2. NCEES PE Sample Exam (highly recommend)

3. NCEES FE Sample Exam (highly recommend)

4. NEC 2005 Code (highly recommend)

5. FE Supplied-Reference Handbook (recommend)

6. "the other board" Sample Exam (recommend)

7. "the other board" Practice Problems (recommend)

8. Schaum's Outline of Electric Machines &amp; Electromechanics (recommend for preparation, did not use in exam)

9. Distribution notes from College ? 3 ring binder (good source, but did not use on exam)

10. Passing Zone Weekly questions ? 3 ring binder (okay)

11. Power System Analysis by John J. Grainger (bad)

It is difficult to tell someone what to study and how to pass, but here is what I would do at a minimum.

1. Acquire the following sources

2."the other board" Electrical Reference Manual (highly recommend)

3. NCEES PE Sample Exam (highly recommend)

4. NCEES FE Sample Exam (highly recommend)

5. NEC 2004 Code (highly recommend)

6. "the other board" Sample Exam (recommend)

7. "the other board" Practice Problems (recommend)

2. Develop a matrix or some method to organize your reference material, information, and solved problems. This was extremely helpful during the exam to reference. It had to stay in a 3-ring binder, but it saved be a great amount of time. See an example of mine at http://www.s8inc.com/pe.xls

3. Study a little each night for several months (3 to 5) based on your own evaluation of your knowledge. I keep hearing that 300 hours is the average number of hours to study and pass the exam.

4. Work as many problems as possible, and focus on the NCEES sample problems and the way NCEES works/approaches each of their problems.

Good Luck


----------



## Mike1144 (Jan 1, 2007)

> I worked problems, then worked some more. When I got tired of working problems, I worked problems. After awhile, I was just so fed up with working problems that I worked some more problems. If I needed a break, I would take a day off and just work problems. Did I mention that I worked problems??????

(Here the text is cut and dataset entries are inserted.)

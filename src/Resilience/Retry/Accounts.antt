-- ===== src/Resilience/Retry/Accounts.antt =====
-- The executor and its circuit breaker and callbacks.
use inc_trade.Prelude.{
  ℕ, zero, suc, ◌-◌, ◌<◌, ◌≡◌, ap, ◌∙◌, true, false, Option, none, some, List, ◌∷◌, arith, ltb,
}
use inc_trade.Prelude.Result.{err}
use inc_trade.Resilience.Circuit.{CircuitBreaker, opened, has_expired, allow_request}
use inc_trade.Resilience.Retry.{
  Exception, circuit_breaker_open, non_retryable_error, retryable_error, RetryConfig, Effect,
  called, failed, Answer, raised, Attempt, World, attempt_once, execute_from, execute, again, ends,
}

module _ {K A : Type 0} (dec : Discrete K) (c : RetryConfig) (delay : ℕ → ℕ) where
  execute_from-ends :
      (env : ℕ → Attempt A) (left attempt : ℕ) (last : Option Exception) (w : World K)
      {w' : World K} {x : Answer A}
      → 0 < left
      → attempt_once dec c delay attempt (env attempt) last w ≡ (w', ends x)
      → execute_from dec c delay env left attempt last w ≡ (w', x)
  unfolding execute_from
  execute_from-ends env zero attempt last w positive e = absurd (omega arith)
  execute_from-ends env (suc left) attempt last w positive e = ground arith

  execute_from-again :
      (env : ℕ → Attempt A) (left attempt : ℕ) (last : Option Exception) (w : World K)
      {w' : World K} {e : Exception}
      → 0 < left
      → attempt_once dec c delay attempt (env attempt) last w ≡ (w', again e)
      → execute_from dec c delay env left attempt last w
        ≡ execute_from dec c delay env (left - 1) (suc attempt) (some e) w'
  unfolding execute_from
  execute_from-again env zero attempt last w positive e = absurd (omega arith)
  execute_from-again env (suc left) attempt last w positive e =
      let less : suc left - 1 ≡ left = omega arith in rw less (ground arith)

  attempt_once-opened :
      (attempt : ℕ) (a : Attempt A) (last : Option Exception) (w : World K) (b : CircuitBreaker)
      → w.circuit_breaker ≡ some b
      → b.state ≡ opened
      → has_expired a.allow_at b ≡ false
      → attempt_once dec c delay attempt a last w ≡ (w, ends (raised circuit_breaker_open))
  unfolding attempt_once allow_request
  attempt_once-opened attempt a last w b has is_open early = ground arith

  -- While the circuit breaker is open and its open duration is not over at the first attempt, the
  -- executor raises `CircuitBreakerOpenError` at once: nothing is called, slept, counted or notified.
  pub execute-opened :
      (env : ℕ → Attempt A) (w : World K) (b : CircuitBreaker)
      → 0 < c.max_attempts
      → w.circuit_breaker ≡ some b
      → b.state ≡ opened
      → has_expired (env 0).allow_at b ≡ false
      → execute dec c delay env w ≡ (w, raised circuit_breaker_open)
  unfolding execute
  execute-opened env w b positive has is_open early =
      execute_from-ends env c.max_attempts 0 none w positive
        (attempt_once-opened 0 (env 0) none w b has is_open early)

  attempt_once-retryable :
      (attempt k : ℕ) (a : Attempt A) (last : Option Exception) (w : World K)
      → ltb attempt (c.max_attempts - 1) ≡ true
      → w.circuit_breaker ≡ none
      → w.rate_limiter ≡ none
      → a.outcome ≡ err (retryable_error k)
      → let (after, verdict) = attempt_once dec c delay attempt a last w in
        (verdict ≡ again (retryable_error k))
        × (after.circuit_breaker ≡ none)
        × (after.rate_limiter ≡ none)
        × (after.has_on_failure ≡ w.has_on_failure)
  unfolding attempt_once
  attempt_once-retryable attempt k a last w more nb nl fails = ground arith

  attempt_once-non_retryable :
      (attempt n : ℕ) (a : Attempt A) (e : Exception) (w : World K)
      → w.circuit_breaker ≡ none
      → w.rate_limiter ≡ none
      → w.has_on_failure ≡ true
      → a.outcome ≡ err (non_retryable_error n)
      → let (after, verdict) = attempt_once dec c delay attempt a (some e) w in
        (verdict ≡ ends (raised (non_retryable_error n)))
        × (after.effects ≡ failed e ∷ called ∷ w.effects)
  unfolding attempt_once
  attempt_once-non_retryable attempt n a e w nb nl tells fails = ground arith

  -- An exception of a call that is retried, followed by one that is not: the executor raises the
  -- second, and tells the failure callback the first.
  pub execute-tells_earlier :
      (env : ℕ → Attempt A) (w : World K) (k n : ℕ)
      → 1 < c.max_attempts
      → w.circuit_breaker ≡ none
      → w.rate_limiter ≡ none
      → w.has_on_failure ≡ true
      → (env 0).outcome ≡ err (retryable_error k)
      → (env 1).outcome ≡ err (non_retryable_error n)
      → let (after, answer) = execute dec c delay env w in
        (answer ≡ raised (non_retryable_error n))
        × (es : List Effect) × (after.effects ≡ failed (retryable_error k) ∷ es)
  unfolding execute
  execute-tells_earlier env w k n many nb nl tells first second =
      let (v, nb', nl', same) =
        attempt_once-retryable 0 k (env 0) none w (ground arith) nb nl first in
      let after = (attempt_once dec c delay 0 (env 0) none w).0 in
      let (x, told) =
        attempt_once-non_retryable 1 n (env 1) (retryable_error k) after nb' nl' (same ∙ tells)
          second in
      let last = (attempt_once dec c delay 1 (env 1) (some (retryable_error k)) after).0 in
      let whole =
        execute_from-again env c.max_attempts 0 none w (omega arith) (ap (λ v'. (after, v')) v)
        ∙ execute_from-ends env (c.max_attempts - 1) 1 (some (retryable_error k)) after
            (omega arith) (ap (λ v'. (last, v')) x) in
      (ap (λ r. r.1) whole, called ∷ after.effects, ap (λ r. (r.0).effects) whole ∙ told)
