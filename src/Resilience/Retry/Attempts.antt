-- ===== src/Resilience/Retry/Attempts.antt =====
-- How many attempts the executor makes, how long it waits between them, and how it ends.
use inc_trade.Prelude.{
  ℕ, zero, suc, ◌+◌, ◌-◌, ◌≤◌, ◌<◌, ◌≡◌, refl, ap, ◌∙◌, Bool, true, false, Option, none, some, List,
  [], ◌∷◌, ◌⊎◌, inl, inr, arith, ltb, if◌then◌else◌,
}
use inc_trade.Prelude.Result.{ok, err}
use inc_trade.Resilience.Retry.{
  Exception, retryable_error, other_error, value_error, RetryConfig, Effect, called, slept, Answer,
  returned, raised, Attempt, World, attempt_once, execute_from, execute, again, ends, Verdict,
}

abbrev pub calls : List Effect → ℕ
calls [] = 0
calls (called ∷ es) = suc (calls es)
calls (_ ∷ es) = calls es

abbrev pub sleeps : List Effect → List ℕ
sleeps [] = []
sleeps (slept d ∷ es) = d ∷ sleeps es
sleeps (_ ∷ es) = sleeps es

-- The exceptions after which the executor tries again.
abbrev pub is_transient : RetryConfig → Exception → Bool
is_transient c (retryable_error k) = true
is_transient c (other_error k) = c.listed (other_error k)
is_transient c value_error = c.listed value_error
is_transient c _ = false

pub Verdict-cases :
    {A : Type 0} (v : Verdict A)
    → ((e : Exception) × (v ≡ again e)) ⊎ ((x : Answer A) × (v ≡ ends x))
Verdict-cases (again e) = inl (e, refl)
Verdict-cases (ends x) = inr (x, refl)

-- `acc` behind the delays of so many attempts from `attempt` on, the latest first.
abbrev pub slept_from : (ℕ → ℕ) → ℕ → ℕ → List ℕ → List ℕ
slept_from delay attempt zero acc = acc
slept_from delay attempt (suc n) acc = slept_from delay (suc attempt) n (delay attempt ∷ acc)

module _ {K A : Type 0} (dec : Discrete K) (c : RetryConfig) (delay : ℕ → ℕ) where
  calls-attempt_once :
      (attempt : ℕ) (a : Attempt A) (last : Option Exception) (w : World K)
      → calls (attempt_once dec c delay attempt a last w).0.effects ≤ calls w.effects + 1
  unfolding attempt_once
  calls-attempt_once attempt a last w = ground arith

  calls-execute_from :
      (env : ℕ → Attempt A) (left attempt : ℕ) (last : Option Exception) (w : World K)
      → calls (execute_from dec c delay env left attempt last w).0.effects ≤ calls w.effects + left
  unfolding execute_from
  calls-execute_from env zero attempt last w = omega arith
  calls-execute_from env (suc left) attempt last w =
      let bound = calls-attempt_once attempt (env attempt) last w in
      elim (Verdict-cases (attempt_once dec c delay attempt (env attempt) last w).1) [
        | inl (e, goes_on) ↦
            rw (goes_on, execute_from)
              (omega (
                arith,
                calls-execute_from env left (suc attempt) (some e)
                    (attempt_once dec c delay attempt (env attempt) last w).0,
              ))
        | inr (x, stops) ↦ rw (stops, execute_from) (omega arith)
      ]

  -- The given function is called at most `max_attempts` times, however its calls, the circuit
  -- breaker and the rate limiter turn out.
  pub calls-execute :
      (env : ℕ → Attempt A) (w : World K)
      → calls (execute dec c delay env w).0.effects ≤ calls w.effects + c.max_attempts
  unfolding execute
  calls-execute env w = calls-execute_from env c.max_attempts 0 none w

  -- After an exception that the loop retries, it goes on exactly if an attempt is left.
  attempt_once-transient :
      (attempt : ℕ) (a : Attempt A) (last : Option Exception) (w : World K) (e : Exception)
      → w.circuit_breaker ≡ none
      → w.rate_limiter ≡ none
      → a.outcome ≡ err e
      → is_transient c e ≡ true
      → let (after, verdict) = attempt_once dec c delay attempt a last w in
        let more = ltb attempt (c.max_attempts - 1) in
        (verdict ≡ (if more then again e else ends (raised e)))
        × (after.circuit_breaker ≡ none)
        × (after.rate_limiter ≡ none)
        × (calls after.effects ≡ suc (calls w.effects))
        × (sleeps after.effects
            ≡ (if more then delay attempt ∷ sleeps w.effects else sleeps w.effects))
  unfolding attempt_once
  attempt_once-transient attempt a last w e no_breaker no_limiter fails transient = ground arith

  attempt_once-returned :
      (attempt : ℕ) (a : Attempt A) (last : Option Exception) (w : World K) (value : A)
      → w.circuit_breaker ≡ none
      → w.rate_limiter ≡ none
      → a.outcome ≡ ok value
      → let (after, verdict) = attempt_once dec c delay attempt a last w in
        (verdict ≡ ends (returned value))
        × (calls after.effects ≡ suc (calls w.effects))
        × (sleeps after.effects ≡ sleeps w.effects)
  unfolding attempt_once
  attempt_once-returned attempt a last w value no_breaker no_limiter works = ground arith

  -- Every attempt from `attempt` up to, not including, `until` fails with an exception that is
  -- retried.
  abbrev pub AllTransient : (ℕ → Attempt A) → ℕ → ℕ → Type 0
  AllTransient env attempt until =
      (i : ℕ)
      → attempt ≤ i
      → i < until
      → (e : Exception) × ((env i).outcome ≡ err e) × (is_transient c e ≡ true)

  execute_from-returns :
      (env : ℕ → Attempt A) (d left attempt : ℕ) (last : Option Exception) (value : A) (w : World K)
      → w.circuit_breaker ≡ none
      → w.rate_limiter ≡ none
      → attempt + left ≡ c.max_attempts
      → d < left
      → AllTransient env attempt (attempt + d)
      → (env (attempt + d)).outcome ≡ ok value
      → let (after, answer) = execute_from dec c delay env left attempt last w in
        (answer ≡ returned value)
        × (calls after.effects ≡ calls w.effects + suc d)
        × (sleeps after.effects ≡ slept_from delay attempt d (sleeps w.effects))
  unfolding execute_from
  execute_from-returns env d zero attempt last value w nb nl total lt fails works =
      absurd (omega arith)
  execute_from-returns env zero (suc left) attempt last value w nb nl total lt fails works =
      let here : attempt + 0 ≡ attempt = omega arith in
      let (v, n, s) =
        attempt_once-returned attempt (env attempt) last w value nb nl (rw here at works) in
      rw (v, execute_from) (refl, omega (arith, n), s)
  execute_from-returns env (suc d) (suc left) attempt last value w nb nl total lt fails works =
      let (e, raises, transient) = fails attempt (omega arith) (omega arith) in
      let (v, nb', nl', n, s) =
        attempt_once-transient attempt (env attempt) last w e nb nl raises transient in
      let more : ltb attempt (c.max_attempts - 1) ≡ true = ground arith in
      let after = (attempt_once dec c delay attempt (env attempt) last w).0 in
      let waited : sleeps after.effects ≡ delay attempt ∷ sleeps w.effects = rw more at s in
      let next : attempt + suc d ≡ suc attempt + d = omega arith in
      let (v', n', s') =
        execute_from-returns env d left (suc attempt) (some e) value after nb' nl' (omega arith)
          (omega arith) (λ i lo hi. fails i (omega arith) (omega arith)) (rw next at works) in
      rw (v, more, execute_from)
        (v', omega (arith, n, n'), s' ∙ ap (slept_from delay (suc attempt) d) waited)

  -- Without a circuit breaker and a rate limiter: if the attempts before number `k` fail with
  -- exceptions that are retried and attempt `k` returns, with `k` below `max_attempts`, the executor
  -- returns that value after `k + 1` calls, having slept the backoff delays of attempts 0 to `k - 1`
  -- in that order.
  pub execute-returns :
      (env : ℕ → Attempt A) (k : ℕ) (value : A) (w : World K)
      → w.circuit_breaker ≡ none
      → w.rate_limiter ≡ none
      → k < c.max_attempts
      → AllTransient env 0 k
      → (env k).outcome ≡ ok value
      → let (after, answer) = execute dec c delay env w in
        (answer ≡ returned value)
        × (calls after.effects ≡ calls w.effects + suc k)
        × (sleeps after.effects ≡ slept_from delay 0 k (sleeps w.effects))
  unfolding execute
  execute-returns env k value w nb nl lt fails works =
      let here : 0 + k ≡ k = omega arith in
      execute_from-returns env k c.max_attempts 0 none value w nb nl (omega arith) lt
        (rw here fails) (rw here works)

  execute_from-exhausts :
      (env : ℕ → Attempt A) (left attempt : ℕ) (last : Option Exception) (w : World K)
      → w.circuit_breaker ≡ none
      → w.rate_limiter ≡ none
      → attempt + suc left ≡ c.max_attempts
      → AllTransient env attempt c.max_attempts
      → let (after, answer) = execute_from dec c delay env (suc left) attempt last w in
        ((e : Exception) × ((env (c.max_attempts - 1)).outcome ≡ err e) × (answer ≡ raised e))
        × (calls after.effects ≡ calls w.effects + suc left)
        × (sleeps after.effects ≡ slept_from delay attempt left (sleeps w.effects))
  unfolding execute_from
  execute_from-exhausts env zero attempt last w nb nl total fails =
      let (e, raises, transient) = fails attempt (omega arith) (omega arith) in
      let (v, nb', nl', n, s) =
        attempt_once-transient attempt (env attempt) last w e nb nl raises transient in
      let done : ltb attempt (c.max_attempts - 1) ≡ false = ground arith in
      let is_last : c.max_attempts - 1 ≡ attempt = omega arith in
      rw (v, done, execute_from) ((e, rw is_last raises, refl), omega (arith, n), rw done at s)
  execute_from-exhausts env (suc left) attempt last w nb nl total fails =
      let (e, raises, transient) = fails attempt (omega arith) (omega arith) in
      let (v, nb', nl', n, s) =
        attempt_once-transient attempt (env attempt) last w e nb nl raises transient in
      let more : ltb attempt (c.max_attempts - 1) ≡ true = ground arith in
      let after = (attempt_once dec c delay attempt (env attempt) last w).0 in
      let waited : sleeps after.effects ≡ delay attempt ∷ sleeps w.effects = rw more at s in
      let (x, n', s') =
        execute_from-exhausts env left (suc attempt) (some e) after nb' nl' (omega arith)
          (λ i lo hi. fails i (omega arith) hi) in
      rw (v, more, execute_from)
        (x, omega (arith, n, n'), s' ∙ ap (slept_from delay (suc attempt) left) waited)

  -- Without a circuit breaker and a rate limiter: if every attempt fails with an exception that is
  -- retried, the executor calls `max_attempts` times, sleeps the backoff delays of all attempts but
  -- the last, in order, and raises the exception of the last attempt.
  pub execute-exhausts :
      (env : ℕ → Attempt A) (w : World K)
      → w.circuit_breaker ≡ none
      → w.rate_limiter ≡ none
      → 0 < c.max_attempts
      → AllTransient env 0 c.max_attempts
      → let (after, answer) = execute dec c delay env w in
        ((e : Exception) × ((env (c.max_attempts - 1)).outcome ≡ err e) × (answer ≡ raised e))
        × (calls after.effects ≡ calls w.effects + c.max_attempts)
        × (sleeps after.effects ≡ slept_from delay 0 (c.max_attempts - 1) (sleeps w.effects))
  unfolding execute
  execute-exhausts env w nb nl positive fails =
      let e : c.max_attempts ≡ suc (c.max_attempts - 1) = omega arith in
      let whole =
        execute_from-exhausts env (c.max_attempts - 1) 0 none w nb nl (omega arith) fails in
      rw (← e) at whole
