-- ===== src/Resilience/Retry/Counts.antt =====
-- The circuit breaker counts each call of the given function once.
use inc_trade.Prelude.{ℕ, zero, suc, ◌+◌, ◌≡◌, ◌≢◌, inl, inr, Option, none, some, arith}
use inc_trade.Prelude.Result.{err}
use inc_trade.Resilience.Circuit.{CircuitBreaker, allow_request, on_success, on_failure}
use inc_trade.Resilience.Retry.{
  Exception, circuit_breaker_open, RetryConfig, Attempt, World, attempt_once, execute_from, execute,
}
use inc_trade.Resilience.Retry.Attempts.{calls, Verdict-cases}

total-allow_request :
    (now : ℕ) (b : CircuitBreaker) → (allow_request now b).0.total_calls ≡ b.total_calls
unfolding allow_request
total-allow_request now b = ground arith

total-on_success :
    (now : ℕ) (b : CircuitBreaker) → (on_success now b).total_calls ≡ suc b.total_calls
unfolding on_success
total-on_success now b = ground arith

total-on_failure :
    (now : ℕ) (b : CircuitBreaker) → (on_failure now b).total_calls ≡ suc b.total_calls
unfolding on_failure
total-on_failure now b = ground arith

-- The calls that the circuit breaker has counted.
abbrev total_of : Option CircuitBreaker → ℕ
total_of none = 0
total_of (some b) = b.total_calls

abbrev pub counted : {K : Type 0} → World K → ℕ
counted w = total_of w.circuit_breaker

module _ {K A : Type 0} (dec : Discrete K) (c : RetryConfig) (delay : ℕ → ℕ) where
  counted-attempt_once :
      (attempt : ℕ) (a : Attempt A) (last : Option Exception) (w : World K)
      → w.circuit_breaker ≢ none
      → w.rate_limiter ≡ none
      → a.outcome ≢ err circuit_breaker_open
      → let after = (attempt_once dec c delay attempt a last w).0 in
        (counted after + calls w.effects ≡ counted w + calls after.effects)
        × (after.circuit_breaker ≢ none)
        × (after.rate_limiter ≡ none)
  unfolding attempt_once
  counted-attempt_once attempt a last w has nl fair =
      grind (arith, total-allow_request, total-on_success, total-on_failure)

  counted-execute_from :
      (env : ℕ → Attempt A) (left attempt : ℕ) (last : Option Exception) (w : World K)
      → w.circuit_breaker ≢ none
      → w.rate_limiter ≡ none
      → ((i : ℕ) → (env i).outcome ≢ err circuit_breaker_open)
      → let after = (execute_from dec c delay env left attempt last w).0 in
        counted after + calls w.effects ≡ counted w + calls after.effects
  unfolding execute_from
  counted-execute_from env zero attempt last w has nl fair = omega arith
  counted-execute_from env (suc left) attempt last w has nl fair =
      let (n, has', nl') =
        counted-attempt_once attempt (env attempt) last w has nl (fair attempt) in
      elim (Verdict-cases (attempt_once dec c delay attempt (env attempt) last w).1) [
        | inl (e, goes_on) ↦
            rw (goes_on, execute_from)
              (omega (
                arith,
                n,
                counted-execute_from env left (suc attempt) (some e)
                    (attempt_once dec c delay attempt (env attempt) last w).0 has' nl' fair,
              ))
        | inr (x, stops) ↦ rw (stops, execute_from) n
      ]

  -- With a circuit breaker and no rate limiter, if the given function never raises
  -- `CircuitBreakerOpenError` itself, the breaker's count of calls grows by exactly the number of
  -- calls that the executor makes.
  pub counted-execute :
      (env : ℕ → Attempt A) (w : World K)
      → w.circuit_breaker ≢ none
      → w.rate_limiter ≡ none
      → ((i : ℕ) → (env i).outcome ≢ err circuit_breaker_open)
      → let after = (execute dec c delay env w).0 in
        counted after + calls w.effects ≡ counted w + calls after.effects
  unfolding execute
  counted-execute env w has nl fair = counted-execute_from env c.max_attempts 0 none w has nl fair
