-- ===== src/Resilience/Retry/Tests.antt =====
-- Runs of the retry executor, and the theorems at concrete inputs.
use inc_trade.Prelude.{
  ℕ, zero, suc, ◌+◌, ◌≤◌, ◌<◌, ◌≡◌, refl, true, false, none, some, [], ◌∷◌, arith, ℕ_discrete,
}
use inc_trade.Prelude.Int.{pos}
use inc_trade.Prelude.Result.{Result, ok, err}
use inc_trade.Resilience.Circuit.{CircuitBreaker, opened, closed, on_failure, allow_request}
use inc_trade.Resilience.Retry.{
  Exception, circuit_breaker_open, non_retryable_error, retryable_error, RetryConfig,
  bad_max_attempts, make_config, called, slept, retried, returned, raised, Attempt, World,
  attempt_once, execute_from, execute,
}
use inc_trade.Resilience.Retry.Attempts.{
  calls, sleeps, is_transient, calls-execute, execute-returns, execute-exhausts,
}
use inc_trade.Resilience.Retry.Counts.{counted, counted-execute}

abbrev config : RetryConfig
config = record { max_attempts = 3; listed = λ e. false }

abbrev attempt : Result Exception ℕ → Attempt ℕ
attempt r = record { allow_at = 50; acquire_at = 50; rounds = []; outcome = r; record_at = 60 }

-- The first two attempts fail, and the others return 7.
abbrev recovering : ℕ → Attempt ℕ
recovering zero = attempt (err (retryable_error 1))
recovering (suc zero) = attempt (err (retryable_error 2))
recovering (suc (suc _)) = attempt (ok 7)

abbrev failing : ℕ → Attempt ℕ
failing n = attempt (err (retryable_error n))

abbrev stopping : ℕ → Attempt ℕ
stopping zero = attempt (err (retryable_error 1))
stopping (suc n) = attempt (err (non_retryable_error 2))

abbrev delays : ℕ → ℕ
delays n = n + 10

abbrev plain : World ℕ
plain = record {
  circuit_breaker = none;
  rate_limiter = none;
  has_on_retry = true;
  has_on_failure = true;
  effects = [];
}

abbrev breaker : CircuitBreaker
breaker = record {
  config = record { failure_threshold = 2; success_threshold = 1; open_duration_ms = 1 };
  state = closed;
  failure_count = 0;
  success_count = 0;
  opened_at_ns = 0;
  state_change_count = 0;
  total_calls = 0;
}

abbrev guarded : World ℕ
guarded = record plain { circuit_breaker = some breaker }

abbrev open_breaker : CircuitBreaker
open_breaker = record breaker { state = opened }

abbrev refused : World ℕ
refused = record plain { circuit_breaker = some open_breaker }

execute_test :
    (execute ℕ_discrete config delays recovering plain ≡ (
      record plain {
        effects =
            called
            ∷ retried 1 (retryable_error 2)
            ∷ slept 11
            ∷ called
            ∷ retried 0 (retryable_error 1)
            ∷ slept 10
            ∷ called
            ∷ [];
      },
      returned 7,
    ))
    × ((execute ℕ_discrete config delays failing guarded).1 ≡ raised circuit_breaker_open)
    × (make_config (pos 0) (λ e. false) ≡ err bad_max_attempts)
unfolding execute execute_from attempt_once make_config on_failure allow_request
execute_test = (refl, refl, refl)

calls-execute_example : calls (execute ℕ_discrete config delays failing guarded).0.effects ≤ 3
calls-execute_example = calls-execute ℕ_discrete config delays failing guarded

execute-returns_example :
    let (after, answer) = execute ℕ_discrete config delays recovering plain in
    (answer ≡ returned 7) × (calls after.effects ≡ 3) × (sleeps after.effects ≡ 11 ∷ 10 ∷ [])
execute-returns_example =
    execute-returns ℕ_discrete config delays recovering 2 7 plain refl refl (omega arith) fails refl
  where
    fails :
        (i : ℕ)
        → 0 ≤ i
        → i < 2
        → (e : Exception) × ((recovering i).outcome ≡ err e) × (is_transient config e ≡ true)
    fails zero lo hi = (retryable_error 1, refl, refl)
    fails (suc zero) lo hi = (retryable_error 2, refl, refl)
    fails (suc (suc i)) lo hi = absurd (omega arith)

execute-exhausts_example :
    let (after, answer) = execute ℕ_discrete config delays failing plain in
    ((e : Exception) × ((failing 2).outcome ≡ err e) × (answer ≡ raised e))
    × (calls after.effects ≡ 3)
    × (sleeps after.effects ≡ 11 ∷ 10 ∷ [])
execute-exhausts_example =
    execute-exhausts ℕ_discrete config delays failing plain refl refl (omega arith)
      (λ i lo hi. (retryable_error i, refl, refl))

counted-execute_example :
    let after = (execute ℕ_discrete config delays failing guarded).0 in
    counted after + 0 ≡ 0 + calls after.effects
counted-execute_example =
    counted-execute ℕ_discrete config delays failing guarded (λ e. cc) refl (λ i e. cc)
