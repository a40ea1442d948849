-- ===== src/Routing.antt =====
-- The choice of a broker: brokers/common/models.py, policy.py, registry.py and router.py.
pub mod Models
pub mod Policy
pub mod Registry
pub mod Router
mod Tests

That totally explains your avatar picture.

I kinda followed the same technique for my SE1 exam. I have over 200 pages of problems typed up in MathCAD. I would try to solve the problems as generically as possible. Kinda of creating templates instead. Then I could go back and fiddle with them, and see what different changes would cause.


----------



## scottiesei (Jan 1, 2007)

I almost forgot that.....

The most contributing factor to my passing was my "cookbook". I picked up a large 3 ring binder, and as I worked problems, I made "cheat sheets" for each problem type. Each cheat sheet had different equations for different unknowns. My goal when I studied was to be able to solve any problem I picked by using my cookbook ILO other reference materials. I broke it into chapters i.e: wood, masonry, rc, bridge, loads, etc. I made an index for each chapter listing the types of problems and what pages they were on. I was in this book about 90% of the exam. It GREATLY increased my speed and allowed me to spend more time on problems that I didn't know. I really can't believe that I forgot to put this in my previous post.

:bow:


----------



## ILvTigers (Jan 2, 2007)

The first time, I studied books (the CERM and the notebook from a reveiw course that I took). I only looked at problems and did not work them out. This time, I was planning a wedding, got married, went on the honeymoon. So I started studying after we returned. Only a month until the exam. The only thing I did was work out all the problems in a sample exam and a practice problems book from Lindburgh. I worked them out completely. The solutions in the back really came in handy.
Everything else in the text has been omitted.